[Saved entries]
-- ===== src/Tests/Extraction.antt =====
-- Runs of params.rs, extract/, response.rs and ws.rs.
use ftl.Prelude.{
  ℕ, ◌≡◌, ◌⊎◌, ◌↔◌, refl, true, false, Option, none, some, List, [], ◌∷◌, ◌++◌, ok, err, all, All,
  not,
}
use ftl.Http.{Text, get, post}
use ftl.Strings.{
  codes, trim, trim_matches, text_eq, eq_ignore_ascii_case, split, splitn2, is, is_whitespace,
  trim_end_matches,
}
use ftl.Params.{params, invalid_utf8, insert_all, collect, path, parse_segments}
use ftl.Params.Decoded.{Decodes, FailsAt}
use ftl.Params.Nested.{join, insert_all-join}
use ftl.Replies.{
  Maps, Response, status_code, text, status, tuple, typed, nothing, into_response, present,
}
use ftl.Replies.Statuses.{first_set, written, into_response-code}
use ftl.Extract.{scheme, parse_forwarded}
use ftl.Strings.Pieces.{Avoids_of_all}
use ftl.Extract.Schemes.{IsPair, IsOther, pair_text, element, after_comma, scheme_forwarded}
use ftl.Extract.Errors.{unsupported_media_type, error_response}
use ftl.Extract.Types.{BodyRequest, Extractable, one_of, one_of_any, IsFirst, one_of-IsFirst}
use ftl.Ws.{WsRequest, http_11, handshake}
use ftl.Ws.Handshake.{IsUpgrade, handshake-switches_iff}

ran : Unit {0}
unfolding insert_all collect path parse_segments into_response one_of one_of_any handshake scheme
    parse_forwarded trim trim_matches text_eq eq_ignore_ascii_case split splitn2 is_whitespace
    trim_end_matches error_response first_set written
ran = tt

-- A decoding that fails on the text "%".
abbrev decoded : Text → Option Text
unfolding text_eq
decoded t = elim (text_eq t (codes "%")) [ true ↦ none | false ↦ some t ]

abbrev outer : List (Text × Text)
outer = (codes "id", codes "7") ∷ []

abbrev inner : List (List (Text × Text))
inner = ((codes "file", codes "a") ∷ []) ∷ ((codes "bad", codes "%") ∷ []) ∷ []

insert_all-join_example :
    ((qs : List (Text × Text)) × Decodes decoded (join (outer ∷ inner)) qs
      × (insert_all decoded none (outer ∷ inner) ≡ some (params qs)))
    ⊎ ((k : Text) × FailsAt decoded (join (outer ∷ inner)) k
        × (insert_all decoded none (outer ∷ inner) ≡ some (invalid_utf8 k)))
insert_all-join_example = insert_all-join decoded outer inner

kept_test : insert_all decoded none (outer ∷ []) ≡ some (params outer)
unfolding ran decoded
kept_test = refl

insert_all_test : insert_all decoded none (outer ∷ inner) ≡ some (invalid_utf8 (codes "bad"))
unfolding ran decoded
insert_all_test = refl

-- Header maps as lists of values of one name, and extensions as nothing.
abbrev maps : Maps (List Text) (Unit {0})
maps = record {
  no_headers = [];
  is_empty = λ h. false;
  extend = λ h k. k;
  append = λ h n v. h ++ v ∷ [];
  typed_insert = λ h n vs. vs;
  no_extensions = tt;
  merge = λ x y. tt;
}

abbrev reply : ftl.Replies.Responder (List Text) (Unit {0})
reply = tuple (tuple (text (codes "gone")) (status 404 ∷ [])) (status 200 ∷ status 201 ∷ [])

into_response-code_example : (into_response maps reply).code ≡ first_set 200 (written reply)
into_response-code_example = into_response-code maps reply

reply_test : (into_response maps reply).code ≡ 404
unfolding ran
reply_test = refl

-- A scheme is any text but the empty one.
abbrev to_scheme : Text → Option Text
to_scheme [] = none
to_scheme (c ∷ s) = some (c ∷ s)

abbrev forwarded : Text
forwarded = codes "for=10.0.0.1;Proto=\"https\";by=a, proto=http"

plain-IsPair :
    (key value : Text)
    → all (λ c. not (is b'=' c)) key ≡ true
    → all (λ c. not (is b';' c)) (pair_text (key, value)) ≡ true
    → all (λ c. not (is b',' c)) (pair_text (key, value)) ≡ true
    → IsPair (key, value)
plain-IsPair key value h k l = record {
  no_key = Avoids_of_all (is b'=') key h;
  one_pair = Avoids_of_all (is b';') (pair_text (key, value)) k;
  one_element = Avoids_of_all (is b',') (pair_text (key, value)) l;
}

for-IsOther : All IsOther ((codes "for", codes "10.0.0.1") ∷ [])
unfolding ran
for-IsOther = ((plain-IsPair (codes "for") (codes "10.0.0.1") refl refl refl, refl), tt)

scheme_forwarded_example :
    scheme to_scheme to_scheme
      (some (
        element (
          ((codes "for", codes "10.0.0.1") ∷ [])
          ++ (codes "Proto", codes "\"https\"") ∷ (codes "by", codes "a") ∷ [])
        ++ after_comma (some (codes " proto=http"))))
      (some (codes "http"))
      none
    ≡ ok (codes "https")
unfolding ran
scheme_forwarded_example =
    scheme_forwarded to_scheme to_scheme ((codes "for", codes "10.0.0.1") ∷ [])
      ((codes "by", codes "a") ∷ []) (codes "Proto") (codes "\"https\"")
      (some (codes " proto=http")) (some (codes "http")) none for-IsOther
      (plain-IsPair (codes "Proto") (codes "\"https\"") refl refl refl) refl
      (plain-IsPair (codes "by") (codes "a") refl refl refl, tt) refl

scheme_test : scheme to_scheme to_scheme (some forwarded) none none ≡ ok (codes "https")
unfolding ran
scheme_test = refl

-- A form that is posted, and a body whose type has a parameter.
abbrev posted : Text → BodyRequest
posted t = record {
  method = post;
  content_length = some (codes "3");
  transfer_encoding = none;
  content_type = some t;
}

abbrev readers : List (Extractable ℕ)
unfolding one_of_any
readers = one_of_any true true (λ r. ok 1) (λ r. ok 2) (λ r. ok 3)

one_of-IsFirst_example :
    IsFirst readers
      (codes "application/cbor")
      (posted (codes "application/cbor"))
      (one_of readers (posted (codes "application/cbor")))
one_of-IsFirst_example =
    one_of-IsFirst readers (posted (codes "application/cbor")) (codes "application/cbor")
      (record { no_trace = λ e. cc; sized = refl }) refl

one_of_test :
    one_of readers (posted (codes "application/json; charset=utf-8")) ≡ err unsupported_media_type
unfolding ran
one_of_test = refl

abbrev upgrade : WsRequest
upgrade = record {
  version = http_11;
  method = get;
  connection = some true;
  upgrade = some true;
  key = some (codes "k");
  protocol = none;
  ws_version = some true;
  ws_protocol = some (codes "chat, superchat");
  on_upgrade = true;
}

handshake-switches_iff_example :
    ((into_response maps (handshake (λ k. k ∷ []) upgrade)).code ≡ 101) ↔ IsUpgrade upgrade
handshake-switches_iff_example = handshake-switches_iff maps (λ k. k ∷ []) upgrade

handshake_test : (into_response maps (handshake (λ k. k ∷ []) upgrade)).code ≡ 101
unfolding ran
handshake_test = refl
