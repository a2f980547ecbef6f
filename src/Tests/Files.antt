-- ===== src/Tests/Files.antt =====
-- Runs of fs.rs, on a cache of one file.
use ftl.Prelude.{
  ℕ, ◌≡◌, ◌≢◌, ◌⊎◌, inr, ◌↔◌, refl, Bool, true, false, leb, ltb, Option, none, some, [], ◌∷◌, ◌++◌,
  ok, err, if◌then◌else◌, All, arith,
}
use ftl.Prelude.Words.{u64_max}
use ftl.Http.{Text, get}
use ftl.Strings.{codes, split, is, starts_with, text_eq}
use ftl.Decimal.{print}
use ftl.EntityTag.{EntityTag, from_file, weak_eq}
use ftl.Encoding.{identity}
use ftl.Fs.{
  Bound, included, start_overflows, end_overflows, overflows, bytes_range, Conditionals, no_body,
  not_modified, check, sanitize_path, push_segments, push, is_rejected,
}
use ftl.Fs.Conditions.{TagMatches, IsChanged, IsUnchanged, Decide, check-not_modified_iff}
use ftl.Fs.Paths.{IsSafe, push_all, sanitize_path-IsSafe}
use ftl.Serve.{
  Panics, not_found, Meta, Cache, Request, reader, Content, get_or_head, file_reply, with_file,
  with_meta, on_range, on_cond, with_date, serve, make_body, dir,
}
use ftl.Serve.Replies.{IsConsistent}
use ftl.Serve.Total.{file_reply-total}
use ftl.Serve.Dirs.{IsIndexed, dir-IsSafe}
use ftl.Serve.Whole.{Reply_of, Describes, file_reply-IsConsistent}

ran : Unit {0}
unfolding print split starts_with text_eq weak_eq from_file bytes_range check sanitize_path
    push_segments push is_rejected get_or_head file_reply with_file with_meta with_date on_cond
    on_range overflows start_overflows end_overflows serve make_body dir
ran = tt

abbrev plain_decode : Text → Option Text
plain_decode s = some s

sanitize_tests :
    (sanitize_path false plain_decode (codes "/srv") (codes "a/b") ≡ ok (codes "/srv/a/b"))
    × (sanitize_path false plain_decode (codes "/srv") (codes "/a//b") ≡ ok (codes "/srv/a/b"))
unfolding ran
sanitize_tests = (refl, refl)

sanitize_path-IsSafe_example :
    (p : Text) × (rest : Text) × (some (codes "a/b") ≡ some p)
    × All IsSafe (split (is b'/') p)
    × (codes "/srv/a/b" ≡ push_all (codes "/srv") (split (is b'/') p))
    × (codes "/srv/a/b" ≡ codes "/srv" ++ rest)
unfolding ran
sanitize_path-IsSafe_example =
    sanitize_path-IsSafe false plain_decode (codes "/srv") (codes "a/b") (codes "/srv/a/b") refl

-- A date passes for a file that was written no later.
abbrev no_later : ℕ → ℕ → Bool
no_later d t = leb t d

abbrev later : ℕ → ℕ → Bool
later d t = ltb d t

abbrev any_range : Unit {0} → Option ℕ → Bool
any_range _ _ = false

abbrev bytes_0_3 : Option (Bound × Bound)
bytes_0_3 = some (included 0, included 3)

-- The tag is another one, but the file was not written since.
abbrev asked : Conditionals ℕ (Unit {0}) (Bound × Bound)
asked = record {
  if_modified_since = some 50;
  if_unmodified_since = some 60;
  if_range = none;
  if_none_match = some (record { weak = true; tag = codes "old" } ∷ []);
  range = bytes_0_3;
}

abbrev file_tag : EntityTag
file_tag = record { weak = true; tag = codes "new" }

check-not_modified_iff_example :
    (Decide no_later later any_range asked (some 40) file_tag ≡ no_body not_modified) ↔ (
      TagMatches asked.if_none_match file_tag
      ⊎ ((¬ TagMatches asked.if_none_match file_tag)
          × (¬ IsChanged no_later (some 60) (some 40))
          × IsUnchanged later (some 50) (some 40)))
check-not_modified_iff_example =
    check-not_modified_iff no_later later any_range asked (some 40) file_tag

check_tests :
    (Decide no_later later any_range asked (some 40) file_tag ≡ no_body 304)
    × (Decide no_later later any_range asked (some 70) file_tag ≡ no_body 412)
unfolding ran
check_tests = (refl, refl)

abbrev ten : Meta ℕ
ten = record { is_dir = false; len = 10; blksize = 4096; modified = some 40 }

-- A cache of one file, of ten bytes, that is never compressed.
abbrev one_file : Cache (Unit {0}) ℕ
unfolding ran
one_file = record {
  is_method_allowed = get_or_head;
  open_file = λ p accept. if text_eq p (codes "/srv/a") then ok tt else err not_found;
  metadata = λ p. if text_eq p (codes "/srv/a") then ok ten else err not_found;
  file_metadata = λ f. ok ten;
  encoding = λ f. identity;
  full = λ f. none;
  seek = λ f n. ok tt;
}

abbrev request : Request ℕ (Unit {0}) (Bound × Bound)
request = record {
  method = get;
  accept_encoding = none;
  conditionals = record asked { if_modified_since = none; if_unmodified_since = none };
}

abbrev age : ℕ → Option (ℕ × ℕ)
age t = some (t, 0)

abbrev as_is : (Bound × Bound) → ℕ → Option (Bound × Bound)
as_is r n = some r

-- Every time has a date, and additions are checked.
abbrev checked : Panics ℕ
checked = record { http_date = λ t. some t; overflow_checks = true }

abbrev text_plain : Text → Option Text
text_plain _ = some (codes "text/plain")

-- The first four bytes of ten.
abbrev part : Content ℕ
unfolding ran from_file
part = record {
  status = 206;
  etag = from_file (some (40, 0)) 10;
  content_range = some (0, 4, 10);
  body = reader 0 10 4;
  trailer = true;
  last_modified = some 40;
  content_encoding = none;
  content_length = 4;
  content_type = codes "text/plain";
}

file_reply-total_example :
    Reply_of no_later later any_range as_is age checked one_file text_plain request
      (codes "/srv/a")
      none
    ≢ none
unfolding one_file
file_reply-total_example =
    file_reply-total no_later later any_range as_is age checked one_file text_plain request
      (codes "/srv/a") none (λ f meta known t h e. cc)
      (inr (λ r n s e h k. ((λ b. ground arith), (λ b. ground arith)))) (λ p f h. refl)

-- A file from before 1970, and a range up to the last `u64`.
panic_tests :
    (Reply_of no_later later any_range as_is age
        (record { http_date = λ t. none; overflow_checks = false })
        one_file
        text_plain
        request
        (codes "/srv/a")
        none
      ≡ none)
    × (Reply_of no_later later any_range as_is age checked one_file text_plain
          (record request {
            conditionals = record request.conditionals {
              range = some (included 0, included u64_max);
            };
          })
          (codes "/srv/a")
          none
        ≡ none)
unfolding ran one_file
panic_tests = (refl, refl)

file_reply-IsConsistent_example :
    (f : Unit {0}) × (meta : Meta ℕ) × (start : ℕ) × (end : ℕ) × (one_file.open_file
        (codes "/srv/a")
        none
      ≡ ok f)
    × Describes no_later later any_range as_is age checked one_file text_plain none f meta
    × IsConsistent get meta.len start end part
unfolding ran
file_reply-IsConsistent_example =
    file_reply-IsConsistent no_later later any_range as_is age checked one_file text_plain request
      (codes "/srv/a") none part refl

abbrev bytes_2_5 : Option (Bound × Bound)
bytes_2_5 = some (included 2, included 5)

dir-IsSafe_example :
    (p : Text) × (opened : Text) × (rest : Text) × (f : Unit {0}) × (some (codes "a") ≡ some p)
    × All IsSafe (split (is b'/') p)
    × IsIndexed (codes "/srv") (split (is b'/') p) opened
    × (opened ≡ codes "/srv" ++ rest)
    × (one_file.open_file opened none ≡ ok f)
unfolding ran
dir-IsSafe_example =
    dir-IsSafe no_later later any_range as_is age checked one_file text_plain false plain_decode
      request (codes "a") (codes "/srv") part refl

What the task asks:
Output the line bearing "none ≡ ok f)" along with all the lines after it through the end of the entries, exactly, and no other lines.

Solution to this task:
    × (one_file.open_file opened none ≡ ok f)
unfolding ran
dir-IsSafe_example =
    dir-IsSafe no_later later any_range as_is age checked one_file text_plain false plain_decode
      request (codes "a") (codes "/srv") part refl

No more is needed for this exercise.